Reza Shah embodies many of the book's ironies. Denounced as both a British stooge and a Hitler sympathiser, a soldier who founded a dynasty because he failed to establish a republic, he, like many other Iranian leaders, had to dance some very fine lines between religion and politics, modernity and tradition, the nationalism of his homeland and the Dar al-Islam of a wider, fractured faith. Like many, he failed.
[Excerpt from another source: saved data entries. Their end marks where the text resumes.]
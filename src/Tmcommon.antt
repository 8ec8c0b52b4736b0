-- ===== src/Tmcommon.antt =====
-- tmcommon.c: the peer table, the socket contexts and the messages that the tracker and the client
-- share.
pub mod Peers
pub mod Contexts
pub mod Sending
pub mod Messages
mod Tests
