-- ===== src/Tmcommon/Contexts/Grown.antt =====
-- Contexts that are written back with the same descriptor, and new ones behind them, which are open.
use tm.Base.{
  ℕ, zero, suc, ◌≡◌, refl, sym, ap, ◌∙◌, true, false, List, [], ◌∷◌, ◌++◌, set, get_elem?, some,
  some-inj, none-some, ok, ◌==◌, ltb, length, ◌-◌, subst, ok-value, Option-cases, inl, inr, ◌⊎◌,
}
use tm.Clib.Arena.{Arena, M, return, ◌>>=◌, ◌>>◌, assert}
use tm.Clib.Arena.Blocks.{bind_returns}
use tm.Clib.Array
use tm.Clib.Array.{Array, remove_at}
use tm.Clib.Array.Items.{append-items, remove-cases}
use tm.Clib.Buffer
use tm.Clib.Buffer.{Buffer}
use tm.Tmcommon.Contexts.{SocketCtx, ctx_new, remove_by_fd, find_by_fd}
use tm.Tmcommon.Contexts.Held.{HasFd, HasFd-last}

-- No context was shut down for reading.
abbrev pub AllOpen : List SocketCtx → Type 0
AllOpen [] = Unit {0}
AllOpen (ctx ∷ ctxs) = (ctx.shut_rd ≡ false) × AllOpen ctxs

pub data Grown : List SocketCtx → List SocketCtx → Type 0 where
  more : (ys : List SocketCtx) → AllOpen ys → Grown [] ys
  next :
      (c d : SocketCtx) (xs ys : List SocketCtx)
      → d.fd ≡ c.fd
      → d.shut_rd ≡ c.shut_rd
      → Grown xs ys
      → Grown (c ∷ xs) (d ∷ ys)

pub Grown-refl : (xs : List SocketCtx) → Grown xs xs
Grown-refl [] = more [] tt
Grown-refl (x ∷ xs) = next x x xs xs refl refl (Grown-refl xs)

open-Grown : (ys zs : List SocketCtx) → AllOpen ys → Grown ys zs → AllOpen zs
open-Grown [] zs h (more _ k) = k
open-Grown (y ∷ ys) [] h g = elim g [ ]
open-Grown (y ∷ ys) (z ∷ zs) (o, h) (next _ _ _ _ e f g) = (f ∙ o, open-Grown ys zs h g)

pub Grown-trans : (xs ys zs : List SocketCtx) → Grown xs ys → Grown ys zs → Grown xs zs
Grown-trans [] ys zs (more _ h) g = more zs (open-Grown ys zs h g)
Grown-trans (x ∷ xs) [] zs g h = elim g [ ]
Grown-trans (x ∷ xs) (y ∷ ys) [] g h = elim h [ ]
Grown-trans (x ∷ xs) (y ∷ ys) (z ∷ zs) (next _ _ _ _ e f g) (next _ _ _ _ e' f' g') =
    next x z xs zs (e' ∙ e) (f' ∙ f) (Grown-trans xs ys zs g g')

pub Grown-append :
    (xs : List SocketCtx) (c : SocketCtx) → c.shut_rd ≡ false → Grown xs (xs ++ (c ∷ []))
Grown-append [] c h = more (c ∷ []) (h, tt)
Grown-append (x ∷ xs) c h = next x x xs (xs ++ (c ∷ [])) refl refl (Grown-append xs c h)

pub Grown-set :
    (xs : List SocketCtx) (i : ℕ) (old new : SocketCtx)
    → get_elem? xs i ≡ some old
    → new.fd ≡ old.fd
    → new.shut_rd ≡ old.shut_rd
    → Grown xs (set xs i new)
Grown-set [] i old new e f g = absurd (none-some e)
Grown-set (x ∷ xs) zero old new e f g =
    let q : x ≡ old = some-inj e in
    next x new xs xs (f ∙ ap (λ c. c.fd) (sym q)) (g ∙ ap (λ c. c.shut_rd) (sym q)) (Grown-refl xs)
Grown-set (x ∷ xs) (suc i) old new e f g =
    next x x xs (set xs i new) refl refl (Grown-set xs i old new e f g)

pub Grown-HasFd : {fd : ℕ} (xs ys : List SocketCtx) → Grown xs ys → HasFd fd xs → HasFd fd ys
Grown-HasFd [] ys g h = elim h [ ]
Grown-HasFd (x ∷ xs) [] g h = elim g [ ]
Grown-HasFd (x ∷ xs) (y ∷ ys) (next _ _ _ _ e f g) (HasFd.here _ _ h) = HasFd.here y ys (e ∙ h)
Grown-HasFd (x ∷ xs) (y ∷ ys) (next _ _ _ _ e f g) (HasFd.there _ _ h) =
    HasFd.there y ys (Grown-HasFd xs ys g h)

pub Grown-fd :
    (xs ys : List SocketCtx) (i : ℕ) (c d : SocketCtx)
    → Grown xs ys
    → get_elem? xs i ≡ some c
    → get_elem? ys i ≡ some d
    → d.fd ≡ c.fd
Grown-fd [] ys i c d g e f = absurd (none-some e)
Grown-fd (x ∷ xs) [] i c d g e f = elim g [ ]
Grown-fd (x ∷ xs) (y ∷ ys) zero c d (next _ _ _ _ k l g) e f =
    ap (λ c. c.fd) (sym (some-inj f)) ∙ k ∙ ap (λ c. c.fd) (some-inj e)
Grown-fd (x ∷ xs) (y ∷ ys) (suc i) c d (next _ _ _ _ k l g) e f = Grown-fd xs ys i c d g e f

-- Some context of the descriptor was shut down for reading.
pub data Shut (fd : ℕ) : List SocketCtx → Type 0 where
  here :
      (ctx : SocketCtx) (ctxs : List SocketCtx)
      → ctx.fd ≡ fd
      → ctx.shut_rd ≡ true
      → Shut fd (ctx ∷ ctxs)
  there : (ctx : SocketCtx) (ctxs : List SocketCtx) → Shut fd ctxs → Shut fd (ctx ∷ ctxs)

open-Shut : {fd : ℕ} (xs : List SocketCtx) → AllOpen xs → Shut fd xs → ⊥
open-Shut [] o h = elim h [ ]
open-Shut (x ∷ xs) (o, os) (Shut.here _ _ e f) = let z : true ≡ false = sym f ∙ o in cc
open-Shut (x ∷ xs) (o, os) (Shut.there _ _ h) = open-Shut xs os h

pub Grown-Shut : {fd : ℕ} (xs ys : List SocketCtx) → Grown xs ys → Shut fd ys → Shut fd xs
Grown-Shut [] ys (more _ o) h = absurd (open-Shut ys o h)
Grown-Shut (x ∷ xs) [] g h = elim g [ ]
Grown-Shut (x ∷ xs) (y ∷ ys) (next _ _ _ _ e f g) (Shut.here _ _ h k) =
    Shut.here x xs (sym e ∙ h) (sym f ∙ k)
Grown-Shut (x ∷ xs) (y ∷ ys) (next _ _ _ _ e f g) (Shut.there _ _ h) =
    Shut.there x xs (Grown-Shut xs ys g h)

pub Shut-HasFd : {fd : ℕ} (xs : List SocketCtx) → Shut fd xs → HasFd fd xs
Shut-HasFd [] h = elim h [ ]
Shut-HasFd (x ∷ xs) (Shut.here _ _ e f) = HasFd.here x xs e
Shut-HasFd (x ∷ xs) (Shut.there _ _ h) = HasFd.there x xs (Shut-HasFd xs h)

pub Shut-item :
    (xs : List SocketCtx) (i : ℕ) (c : SocketCtx)
    → get_elem? xs i ≡ some c
    → c.shut_rd ≡ true
    → Shut c.fd xs
Shut-item [] i c e h = absurd (none-some e)
Shut-item (x ∷ xs) zero c e h =
    let q : x ≡ c = some-inj e in Shut.here x xs (ap (λ d. d.fd) q) (ap (λ d. d.shut_rd) q ∙ h)
Shut-item (x ∷ xs) (suc i) c e h = Shut.there x xs (Shut-item xs i c e h)

pub Shut-set :
    {fd : ℕ} (xs : List SocketCtx) (i : ℕ) (new : SocketCtx)
    → Shut fd (set xs i new)
    → (new.fd ≡ fd) ⊎ Shut fd xs
Shut-set [] i new h = elim h [ ]
Shut-set (x ∷ xs) zero new (Shut.here _ _ e f) = inl e
Shut-set (x ∷ xs) zero new (Shut.there _ _ h) = inr (Shut.there x xs h)
Shut-set (x ∷ xs) (suc i) new (Shut.here _ _ e f) = inr (Shut.here x xs e f)
Shut-set (x ∷ xs) (suc i) new (Shut.there _ _ h) = elim (Shut-set xs i new h) [
  | inl e ↦ inl e
  | inr k ↦ inr (Shut.there x xs k)
]

Shut-remove : {fd : ℕ} (xs : List SocketCtx) (i : ℕ) → Shut fd (remove_at xs i) → Shut fd xs
Shut-remove [] i h = h
Shut-remove (x ∷ xs) zero h = Shut.there x xs h
Shut-remove (x ∷ xs) (suc i) (Shut.here _ _ e f) = Shut.here x xs e f
Shut-remove (x ∷ xs) (suc i) (Shut.there _ _ h) = Shut.there x xs (Shut-remove xs i h)

pub Shut-remove_by_fd :
    {fd : ℕ} (gone : ℕ) (ctxs : Array SocketCtx)
    → Shut fd (remove_by_fd gone ctxs).items
    → Shut fd ctxs.items
unfolding remove_by_fd
Shut-remove_by_fd gone ctxs h = elim (Option-cases (find_by_fd gone 0 ctxs.items)) [
  | inl e ↦ rw (remove_by_fd, e) at h
  | inr (i, e) ↦ elim (remove-cases ctxs i) [
    | inl f ↦ rw (remove_by_fd, e, f) at h
    | inr f ↦ Shut-remove ctxs.items i (rw (remove_by_fd, e, f) at h)
  ]
]

-- `SocketCtx_new` that returns.
pub ctx_new-Grown :
    (fd fromaddr toaddr n m : ℕ) (ctxs ctxs' : Array SocketCtx) (i : ℕ) (a b : Arena)
    → ctx_new fd ctxs fromaddr toaddr n m a ≡ ok ((ctxs', i), b)
    → Grown ctxs.items ctxs'.items × HasFd fd ctxs'.items
unfolding ctx_new
ctx_new-Grown fd fromaddr toaddr n m ctxs ctxs' i a b h =
    let ctx : Buffer → Buffer → SocketCtx = λ x y. record {
      fd = fd;
      fromaddr = fromaddr;
      toaddr = toaddr;
      readbuf = x;
      writebuf = y;
      msglen = 0;
      shut_rd = false;
    } in
    let checked : Array SocketCtx → M (Array SocketCtx × ℕ) = λ r. (do
      assert (ltb 0 (length r.items))
      retctx ← Array.item r (length r.items - 1)
      assert (retctx.fd == fd)
      return (r, length r.items - 1)) in
    let (x, a₁, e₁, h₁) =
      bind_returns (Buffer.new n)
        (λ x. do y ← Buffer.new m; r ← Array.append ctxs (ctx x y); checked r) a b (ctxs', i) h in
    let (y, a₂, e₂, h₂) =
      bind_returns (Buffer.new m) (λ y. do r ← Array.append ctxs (ctx x y); checked r) a₁ b
        (ctxs', i) h₁ in
    let (r, a₃, e₃, h₃) = bind_returns (Array.append ctxs (ctx x y)) checked a₂ b (ctxs', i) h₂ in
    let (u, a₄, e₄, h₄) =
      bind_returns (assert (ltb 0 (length r.items)))
        (λ u. do
          retctx ← Array.item r (length r.items - 1)
          assert (retctx.fd == fd)
          return (r, length r.items - 1))
        a₃ b (ctxs', i) h₃ in
    let (retctx, a₅, e₅, h₅) =
      bind_returns (Array.item r (length r.items - 1))
        (λ retctx. do assert (retctx.fd == fd); return (r, length r.items - 1)) a₄ b (ctxs', i)
        h₄ in
    let (v, a₆, e₆, h₆) =
      bind_returns (assert (retctx.fd == fd)) (λ v. return (r, length r.items - 1)) a₅ b (ctxs', i)
        h₅ in
    let same : r.items ≡ ctxs'.items = ap (λ t. t.0.items) (ok-value h₆) in
    let items : ctxs'.items ≡ ctxs.items ++ (ctx x y ∷ []) =
      sym same ∙ append-items ctxs r (ctx x y) a₂ a₃ e₃ in
    (
      subst (λ l. Grown ctxs.items l) (sym items) (Grown-append ctxs.items (ctx x y) refl),
      subst (λ l. HasFd fd l) (sym items) (HasFd-last ctxs.items (ctx x y)),
    )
Axworthy provides concise and precise descriptions of the differences and grievances between Shi'ism and Sunni Islam, as well as sketching Sufism and the modern Baha'i faith. The role of popular religious movements, often aligned to socially disadvantaged groups – the heresy of Mani, the Mazdakite Rebellion – has left an indelible mark on the development of Iranian politics. Although religion is intertwined throughout the story, Axworthy points out that only 1.4% of the population attend Friday prayers.
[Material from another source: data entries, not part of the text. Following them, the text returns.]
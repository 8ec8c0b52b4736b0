-- ===== src/Tmcommon/Contexts/Made.antt =====
-- A context that was just made.
use tm.Base.{
  ℕ, ◌+◌, ◌-◌, ◌<◌, ◌≡◌, refl, arith, ok, false, List, [], ◌∷◌, ◌++◌, length, length-append,
}
use tm.Base.{some, none, lt→ltb, ==_iff}
use tm.Clib.Arena.{Arena, ◌>>=◌}
use tm.Clib.Array.{Array}
use tm.Clib.Array.Items.{append_room, item-some, get_last}
use tm.Clib.Buffer
use tm.Clib.Buffer.{Buffer}
use tm.Tmcommon.Contexts.{SocketCtx, ctx_new, find_by_toaddr}

-- A new context, as `send_msg_to_hostaddr` makes it.
abbrev pub new_ctx : ℕ → ℕ → Buffer → Buffer → SocketCtx
new_ctx fd toaddr readbuf writebuf = record {
  fd = fd;
  fromaddr = 0;
  toaddr = toaddr;
  readbuf = readbuf;
  writebuf = writebuf;
  msglen = 0;
  shut_rd = false;
}

pub ctx_new_runs :
    (fd toaddr : ℕ) (ctxs : Array SocketCtx) (x y : Buffer) (a b c : Arena)
    → Buffer.new 1 a ≡ ok (x, b)
    → Buffer.new 64 b ≡ ok (y, c)
    → length ctxs.items < ctxs.cap
    → ctx_new fd ctxs 0 toaddr 1 64 a
      ≡ ok (
        (record ctxs { items = ctxs.items ++ (new_ctx fd toaddr x y ∷ []) }, length ctxs.items),
        c,
      )
unfolding ctx_new
ctx_new_runs fd toaddr ctxs x y a b c e f l =
    let xs : List SocketCtx = ctxs.items ++ (new_ctx fd toaddr x y ∷ []) in
    let longer : length xs ≡ length ctxs.items + 1 =
      length-append ctxs.items (new_ctx fd toaddr x y ∷ []) in
    let index : length xs - 1 ≡ length ctxs.items = omega (arith, longer) in
    rw (e, ◌>>=◌)
      (rw (f, ◌>>=◌)
        (rw (append_room ctxs (new_ctx fd toaddr x y) c l, ◌>>=◌)
          (rw (lt→ltb 0 (length xs) (omega (arith, longer))) (
            rw (index) (
              rw
                (
                  item-some (record ctxs { items = xs }) (length ctxs.items) (new_ctx fd toaddr x y)
                      c (get_last ctxs.items (new_ctx fd toaddr x y)),
                  ◌>>=◌,
                )
                (rw ((==_iff fd fd).1 refl)))))))

-- Lookups by address.
pub find_by_toaddr-nil : (toaddr : ℕ) → find_by_toaddr toaddr 0 [] ≡ none
unfolding find_by_toaddr
find_by_toaddr-nil toaddr = refl

pub find_by_toaddr-here :
    (ctx : SocketCtx) (ctxs : List SocketCtx) → find_by_toaddr ctx.toaddr 0 (ctx ∷ ctxs) ≡ some 0
unfolding find_by_toaddr
find_by_toaddr-here ctx ctxs = rw ((==_iff ctx.toaddr ctx.toaddr).1 refl)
He has an infectious fondness for the literature, from Ferdowsi to Sadeq Hedayat (though no Marjane Satrapi and only polite nods at Iranian cinema), and cannily shows how the fads for certain Persian writers – Hafiz in the 18th century, Omar Khayyam in the 19th and Rumi in the 20th – often provide a mirror to European preconceptions.

The story of Persia pre-dates Islam. At school, the first history I was taught was the Athenian League against the Persian Empire of Xerxes: it was like Star Wars with arrows. What we weren't told was that the Persian prophet Zoroaster had introduced the idea of a monotheism linked to moral rectitude to the world, or that Xerxes' predecessor Cyrus had restored the Israelites to Jerusalem. Christianity probably owes more to Tehran than Athens.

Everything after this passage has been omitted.